# Sony ES system- have questions & need advice



## Jazzop (Jun 19, 2012)

I have a stash of components in my closet from a Sony ES system that I removed from a car that got totaled several years ago. I now have a suitable car (Honda CRX) in which to install that system, but I am a total amateur. The previous installation was professionally done, but I am a DIY/control freak and want to do this one myself.

XRC-900 head unit
XDP-4000X DSP
CDX-828 CD changer
XA-300 Aux input selector
PPI400 amp (grey cover)
PPI4400 amp (chrome cover)
2x 10" JL subs in sealed box (professionally built)

I have no speakers (other than the subs), no power cables, no interconnects. I will use the stock speaker locations (6.5 in rear quarters, 6.5in front doors) with the exception of mounting separate tweeters in front.

My questions:

1. The head unit does not have a digital in, but the DSP and CD changer have optical links. Can I run an optical cable from the changer to the DSP, then use RCA from DSP to the HU, or will I have to use RCA throughout?

2. The XA-300 aux input box is something I picked up along the way. Does anyone know if it will work with the XRC-900 head unit?

3. The XRC-900 has dual antenna inputs for diversity tuning. I listen to the radio quite a bit, especially AM for traffic and NPR programming, both of which should benefit greatly from improved reception. Any advice on choosing a second antenna, and mounting it in a hidden location?

4. Does anyone have some good recommendations for speakers that might work well with this system? The system will play mostly straight-ahead jazz, electronica, and highly produced prog rock like Steely Dan. I may eventually move to an SACD player, so future-proofing the speakers is advisable.


----------



## dobslob (Sep 19, 2011)

1. Yes, you can run a Toslink cable for the audio on the changer while the rest of the system uses RCAs to carry signal.
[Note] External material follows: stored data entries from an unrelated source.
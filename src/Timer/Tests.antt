-- ===== src/Timer/Tests.antt =====
-- Runs of the heap of timers, and its theorems at the heaps that these runs make.
use simple_kit.Base.{ℕ, ◌*◌, ◌-◌, ◌≡◌, ◌⊎◌, refl, none, some, arith}
use simple_kit.Timer.{
  Manager, new, update, upheap_loop, upheap, min_index, downheap_loop, downheap, adjust_heap,
  insert, remove, modify, pop, top,
}
use simple_kit.Timer.Order.{IsValid}
use simple_kit.Timer.Adjust.{Removed}
use simple_kit.Timer.Calls.{
  Inserted, insert-Inserted, remove-Removed, Moved, modify-Moved, Popped, pop_lem, new-IsValid,
}

program : Unit {0}
unfolding new upheap_loop upheap min_index downheap_loop downheap adjust_heap insert remove modify
    pop top
program = tt

-- Three timers, put in with falling times: the timer at address `a` expires at `100 - 10 * a`.
abbrev times : ℕ → ℕ
times a = 100 - 10 * a

abbrev zeros : ℕ → ℕ
zeros a = 0

abbrev empty : Manager
empty = new zeros times

abbrev one : Manager
one = insert empty 1

abbrev two : Manager
two = insert one 2

abbrev three : Manager
three = insert two 3

top-two : top two ≡ some 2
unfolding program
top-two = refl

top-pop : top (pop three).1 ≡ some 2
unfolding program
top-pop = refl

one-IsValid : IsValid one
unfolding program
one-IsValid = (insert-Inserted empty 1 (new-IsValid zeros times).0 (omega arith) refl).valid

two-IsValid : IsValid two
unfolding program
two-IsValid = (insert-Inserted one 2 one-IsValid (omega arith) refl).valid

three-IsValid : IsValid three
unfolding program
three-IsValid = (insert-Inserted two 3 two-IsValid (omega arith) refl).valid

insert-Inserted_example : Inserted two 3 (insert two 3)
unfolding program
insert-Inserted_example = insert-Inserted two 3 two-IsValid (omega arith) refl

remove-Removed_example : Removed three 2 (remove three 2)
unfolding program
remove-Removed_example = remove-Removed three 2 three-IsValid refl

modify-Moved_example :
    Moved three 3 95 (modify (record three { expire = update three.expire 3 95 }) 3)
unfolding program
modify-Moved_example = modify-Moved three 3 95 three-IsValid refl

pop_lem_example :
    ((three.heap_length ≡ 0) × (pop three ≡ (none, three)) × (top three ≡ none))
    ⊎ ((t : ℕ) × Popped three t (pop three))
pop_lem_example = pop_lem three three-IsValid
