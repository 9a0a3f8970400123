-- ===== src/Tests/Signer.antt =====
-- A signer over a base64 of numbers, and the witness of the theorem on signatures.
use Prim.Native.String.{◌∷◌ as cons, count}
use package.text.Mathlib.TextLemmas.{length-append, length-cons}
use project_k_platform.Prelude.{
  ℕ, zero, suc, ◌+◌, ◌-◌, ◌*◌, ◌/◌, String, ◌≡◌, refl, ap, true, some, nat_beq, nat_beq_iff, arith,
}
use project_k_platform.Prelude.Result.{ok}
use project_k_platform.Ocen.Base64.{Base64, Laws, IsFreeOfDots, ◌<>◌, rstrip, padding}
use project_k_platform.Ocen.Signer.{
  JsonWebKey, Crypto, Signer, IsKeyPair, sign, verify, verify_with_public_key, get_public_key_jwk,
  jwk_of, verify-sign,
}

-- `n` letters.
letters : ℕ → String
letters zero = ""
letters (suc n) = cons "A" (letters n)

count-letters : (n : ℕ) → count (letters n) ≡ n
unfolding letters
count-letters zero = refl
count-letters (suc n) = rw (length-cons, count-letters n) refl

rstrip-letters : (n : ℕ) → rstrip (letters n) ≡ letters n
unfolding letters rstrip
rstrip-letters zero = refl
rstrip-letters (suc zero) = refl
rstrip-letters (suc (suc n)) = rw (rstrip-letters (suc n)) refl

letters-IsFreeOfDots : (n : ℕ) → IsFreeOfDots (letters n)
unfolding letters
letters-IsFreeOfDots zero = tt
letters-IsFreeOfDots (suc n) = (refl, letters-IsFreeOfDots n)

-- A byte string is a number, encoded by that many groups of four letters and a padded group.
abbrev base64 : Base64 ℕ
unfolding letters padding
base64 = record {
  urlsafe_b64encode = λ n. letters (4 * n + 2) <> padding 2;
  urlsafe_b64decode = λ s. some ((count s - 4) / 4);
}

count-encoded : (n : ℕ) → (count (letters (4 * n + 2) <> padding 2) - 4) / 4 ≡ n
unfolding padding
count-encoded n = rw (length-append, count-letters (4 * n + 2)) (omega arith)

base64_laws : Laws base64
unfolding base64
base64_laws = record {
  decodes = λ n. ap some (count-encoded n);
  padded = λ n. record {
    body = letters (4 * n + 2);
    missing = 2;
    parts = refl;
    stripped = rstrip-letters (4 * n + 2);
    free = letters-IsFreeOfDots (4 * n + 2);
    few = omega arith;
    whole = rw (count-letters (4 * n + 2)) (omega arith);
  };
}

abbrev key_one : JsonWebKey
unfolding base64
key_one = record {
  kty = "RSA";
  alg = "RS256";
  use_for = "sig";
  kid = "dev-key-1";
  n = rstrip (letters (4 * 9 + 2) <> padding 2);
  e = rstrip (letters (4 * 3 + 2) <> padding 2);
}

-- A signature is the message and the private key added up.
abbrev crypto : Crypto ℕ ℕ
crypto = record {
  base64 = base64;
  encode = count;
  concat = λ a b. a + b;
  header_json = λ kid. 5;
  rsa_sign = λ key message. message + key;
  rsa_verify = λ key signature message. nat_beq signature (message + key.n);
  is_key = λ key. true;
  to_bytes = λ n. n;
  from_bytes = λ b. b;
  dumps = λ k. "{}";
  loads = λ s. ok key_one;
}

abbrev signer : Signer ℕ
signer = record { private_key = 9; public_key = record { n = 9; e = 3 }; kid = "dev-key-1" }

signer-IsKeyPair : IsKeyPair crypto signer
unfolding jwk_of base64 key_one
signer-IsKeyPair = record {
  base64_laws = base64_laws;
  verifies = λ m. (nat_beq_iff (m + 9) (m + 9)).1 refl;
  is_public = refl;
  reads_bytes = λ n. refl;
  reads_json = refl;
}

verify-sign_example :
    (verify crypto signer (sign crypto signer 42) 42 ≡ true)
    × (verify_with_public_key crypto (sign crypto signer 42) 42 (get_public_key_jwk crypto signer)
        ≡ ok true)
verify-sign_example = verify-sign crypto signer 42 signer-IsKeyPair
2. The XA-300 should work fine as it was a basic piece with no commands. I know I have used them with several older Sony pieces.

3. I have always used a Dakota Digital hidden amplified antenna for my diversity setups. I have always been happy with the performance.

4. Speakers are all about personal taste. From what you describe, I think that you would be a great candidate for some Audison Voce speakers, but of course I am biased. Take your time with a speaker purchase and listen to as many sets as you need until you find one that you really like.


----------



## Jazzop (Jun 19, 2012)

I've made a few changes to the plan. Instead of the XRC-900, I will use a CDX-C90 HU. This allows me to use optical connections between the C90, 4000X, and the CD changer (and hopefully the MD changer, when I can find a JDM MDX-66XLP).

This gives rise to a few more questions:

1. Is the UNILINK bus smart enough to know when a device is connected optically vs. by RCA? I plan to connect several other devices that do not offer the optical option: TV tuner, XA-300 aux input device, HD radio, XM radio, etc.

2. Has anyone successfully connected the XT-100HD (HD radio tuner) and/or the XT-XM1 (XM radio tuner) to such an old HU as the C90? The Sony manuals say that these devices are compatible with post-2005 HUs, but since they use the UNILINK bus, I suspect they must be compatible with the protocol regardless of HU.

3. Does anyone know how many UNILINK devices are capable of being connected in a single system? It seems like one can daisy-chain things to no end.


Cheers


----------



## bamelanc (Sep 13, 2009)

dobslob said:


> ...I think that you would *be a great candidate for some Audison Voce speakers*, but of course I am biased.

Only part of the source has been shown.